Champions LeagueDas Schwärmen über den BVB hat schon begonnen

Klopp sei ein "feiner Mensch" und Dortmund gehöre zum Favoritenkreis auf den Titel: Der BVB wird gelobt. Dabei braucht er noch einen Punkt fürs Achtelfinale. von Felix Meininghaus

Jürgen Klopp während des Trainings vor dem Spiel gegen Amsterdam

Jürgen Klopp während des Trainings vor dem Spiel gegen Amsterdam  |  © Dennis Grombkowski/Bongarts/Getty Images

Die Vorbereitung auf das nächste Spiel begann für die Profis von Borussia Dortmund bereits am Samstag um kurz nach halb fünf.

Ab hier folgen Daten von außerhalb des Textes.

-- ===== src/Routes/Table/Branch.antt =====
-- The routes of managers in frontend/src/routes/ComprehensiveRoutes.jsx.
use hybrid_quantum_cryptogra.Prelude.{List, [], ◌∷◌}
use hybrid_quantum_cryptogra.Js.{lit}
use hybrid_quantum_cryptogra.Roles.{manager}
use hybrid_quantum_cryptogra.Routes.Items.{Route, layout_for}

unfoldable pub manager_routes : List Route
manager_routes =
    record {
      path = lit "/manager/dashboard";
      guard = layout_for (manager ∷ []);
      component = lit "ManagerDashboard";
    }
    ∷ record {
      path = lit "/manager/customers";
      guard = layout_for (manager ∷ []);
      component = lit "ManagerCustomers";
    }
    ∷ record {
      path = lit "/manager/kyc";
      guard = layout_for (manager ∷ []);
      component = lit "KYCVerification";
    }
    ∷ record {
      path = lit "/manager/kyc-verification";
      guard = layout_for (manager ∷ []);
      component = lit "KYCVerification";
    }
    ∷ record {
      path = lit "/manager/account-monitoring";
      guard = layout_for (manager ∷ []);
      component = lit "AccountMonitoring";
    }
    ∷ record {
      path = lit "/manager/accounts";
      guard = layout_for (manager ∷ []);
      component = lit "CustomerAccounts";
    }
    ∷ record {
      path = lit "/manager/customer-accounts";
      guard = layout_for (manager ∷ []);
      component = lit "CustomerAccounts";
    }
    ∷ record {
      path = lit "/manager/approvals/pending";
      guard = layout_for (manager ∷ []);
      component = lit "ApproveTransaction";
    }
    ∷ record {
      path = lit "/manager/approvals/history";
      guard = layout_for (manager ∷ []);
      component = lit "ApprovalHistory";
    }
    ∷ record {
      path = lit "/manager/risk-assessment";
      guard = layout_for (manager ∷ []);
      component = lit "TransactionRiskAssessment";
    }
    ∷ record {
      path = lit "/manager/account-monitoring";
      guard = layout_for (manager ∷ []);
      component = lit "AccountMonitoring";
    }
    ∷ record {
      path = lit "/manager/security-alerts";
      guard = layout_for (manager ∷ []);
      component = lit "SecurityAlerts";
    }
    ∷ record {
      path = lit "/manager/encryption";
      guard = layout_for (manager ∷ []);
      component = lit "EncryptionStatus";
    }
    ∷ record {
      path = lit "/manager/certificates";
      guard = layout_for (manager ∷ []);
      component = lit "CertificateOverview";
    }
    ∷ record {
      path = lit "/manager/audit";
      guard = layout_for (manager ∷ []);
      component = lit "ManagerAuditLogs";
    }
    ∷ record {
      path = lit "/manager/branch-audit";
      guard = layout_for (manager ∷ []);
      component = lit "BranchAudit";
    }
    ∷ record {
      path = lit "/manager/reports";
      guard = layout_for (manager ∷ []);
      component = lit "ManagerReports";
    }
    ∷ []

Da war gegen Fürth zwar noch eine Halbzeit zu absolvieren, doch der BVB führte bereits mit 3:1 und nutzte die restlichen 45 Minuten zum Auslaufen unter Wettkampfbedingungen. Beschwert hat sich niemand, selbst die mehr als 80.000 Besucher im Stadion ließen keine Anzeichen von Unmut erkennen. Schließlich wissen alle Beteiligten, was der Deutsche Meister am Mittwochabend (20:45 Uhr, live auf Sky und im Ticker auf ZEIT ONLINE) beim holländischen Titelträger Ajax Amsterdam erreichen kann. Der nach dreiwöchiger Verletzungspause zurückgekehrte Jakub Błaszczykowski erklärte die Begegnung zu "unserem wichtigsten Spiel in der Gruppenphase", und da mochte dem polnischen Nationalspieler niemand widersprechen.

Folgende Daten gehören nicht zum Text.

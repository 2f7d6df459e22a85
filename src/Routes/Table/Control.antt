-- ===== src/Routes/Table/Control.antt =====
-- The routes of auditor clerks and system administrators in frontend/src/routes/ComprehensiveRoutes.jsx.
use hybrid_quantum_cryptogra.Prelude.{List, [], ◌∷◌}
use hybrid_quantum_cryptogra.Js.{lit}
use hybrid_quantum_cryptogra.Roles.{auditor_clerk, system_admin}
use hybrid_quantum_cryptogra.Routes.Items.{Route, layout_for}

unfoldable pub auditor_routes : List Route
auditor_routes =
    record {
      path = lit "/auditor/dashboard";
      guard = layout_for (auditor_clerk ∷ []);
      component = lit "AuditorClerkDashboard";
    }
    ∷ record {
      path = lit "/auditor/transactions";
      guard = layout_for (auditor_clerk ∷ []);
      component = lit "AuditTransactions";
    }
    ∷ record {
      path = lit "/auditor/activity";
      guard = layout_for (auditor_clerk ∷ []);
      component = lit "UserActivityLogs";
    }
    ∷ record {
      path = lit "/auditor/security-logs";
      guard = layout_for (auditor_clerk ∷ []);
      component = lit "SecurityEncryptionLogs";
    }
    ∷ record {
      path = lit "/auditor/integrity";
      guard = layout_for (auditor_clerk ∷ []);
      component = lit "DataIntegrityVerification";
    }
    ∷ record {
      path = lit "/auditor/compliance";
      guard = layout_for (auditor_clerk ∷ []);
      component = lit "ComplianceReports";
    }
    ∷ record {
      path = lit "/auditor/suspicious";
      guard = layout_for (auditor_clerk ∷ []);
      component = lit "SuspiciousActivityReports";
    }
    ∷ record {
      path = lit "/auditor/export";
      guard = layout_for (auditor_clerk ∷ []);
      component = lit "ExportReports";
    }
    ∷ []

unfoldable pub admin_routes : List Route
admin_routes =
    record {
      path = lit "/admin/dashboard";
      guard = layout_for (system_admin ∷ []);
      component = lit "SystemAdminDashboard";
    }
    ∷ record {
      path = lit "/admin/users";
      guard = layout_for (system_admin ∷ []);
      component = lit "SystemAdminUserInventory";
    }
    ∷ record {
      path = lit "/admin/roles";
      guard = layout_for (system_admin ∷ []);
      component = lit "SystemAdminRoleManagement";
    }
    ∷ record {
      path = lit "/admin/access-control";
      guard = layout_for (system_admin ∷ []);
      component = lit "RBACManagement";
    }
    ∷ record {
      path = lit "/admin/config";
      guard = layout_for (system_admin ∷ []);
      component = lit "SystemConfiguration";
    }
    ∷ record {
      path = lit "/admin/certificates";
      guard = layout_for (system_admin ∷ []);
      component = lit "CertificateManagement";
    }
    ∷ record {
      path = lit "/admin/cryptography";
      guard = layout_for (system_admin ∷ []);
      component = lit "SystemAdminAuthorityHub";
    }
    ∷ record {
      path = lit "/admin/certificates";
      guard = layout_for (system_admin ∷ []);
      component = lit "SystemAdminCertificateStudio";
    }
    ∷ record {
      path = lit "/admin/security-policies";
      guard = layout_for (system_admin ∷ []);
      component = lit "SystemAdminSecurityOps";
    }
    ∷ record {
      path = lit "/admin/incidents";
      guard = layout_for (system_admin ∷ []);
      component = lit "IncidentResponse";
    }
    ∷ record {
      path = lit "/admin/monitoring";
      guard = layout_for (system_admin ∷ []);
      component = lit "SystemMonitoring";
    }
    ∷ record {
      path = lit "/admin/audit";
      guard = layout_for (system_admin ∷ []);
      component = lit "SystemAdminAuditNetwork";
    }
    ∷ record {
      path = lit "/admin/backup";
      guard = layout_for (system_admin ∷ []);
      component = lit "BackupRecovery";
    }
    ∷ record {
      path = lit "/admin/monitoring";
      guard = layout_for (system_admin ∷ []);
      component = lit "System Monitoring";
    }
    ∷ []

Die Bilanz ist beeindruckend, in der Gruppe D mischen in Real Madrid und Manchester City auch noch die Meister aus Spanien und England mit. Allerdings warnen in Dortmund alle Beteiligten davor, die Gruppenphase gedanklich zu früh ad acta zu legen. "Unsere Ausgangsposition ist solide, aber uns fehlt eben noch der eine Punkt", sagt der Sportdirektor Michael Zorc: "Uns ist klar, dass wir in Amsterdam erneut eine Top-Leistung benötigen, wie wir sie in dieser Champions-League-Runde schon gezeigt haben."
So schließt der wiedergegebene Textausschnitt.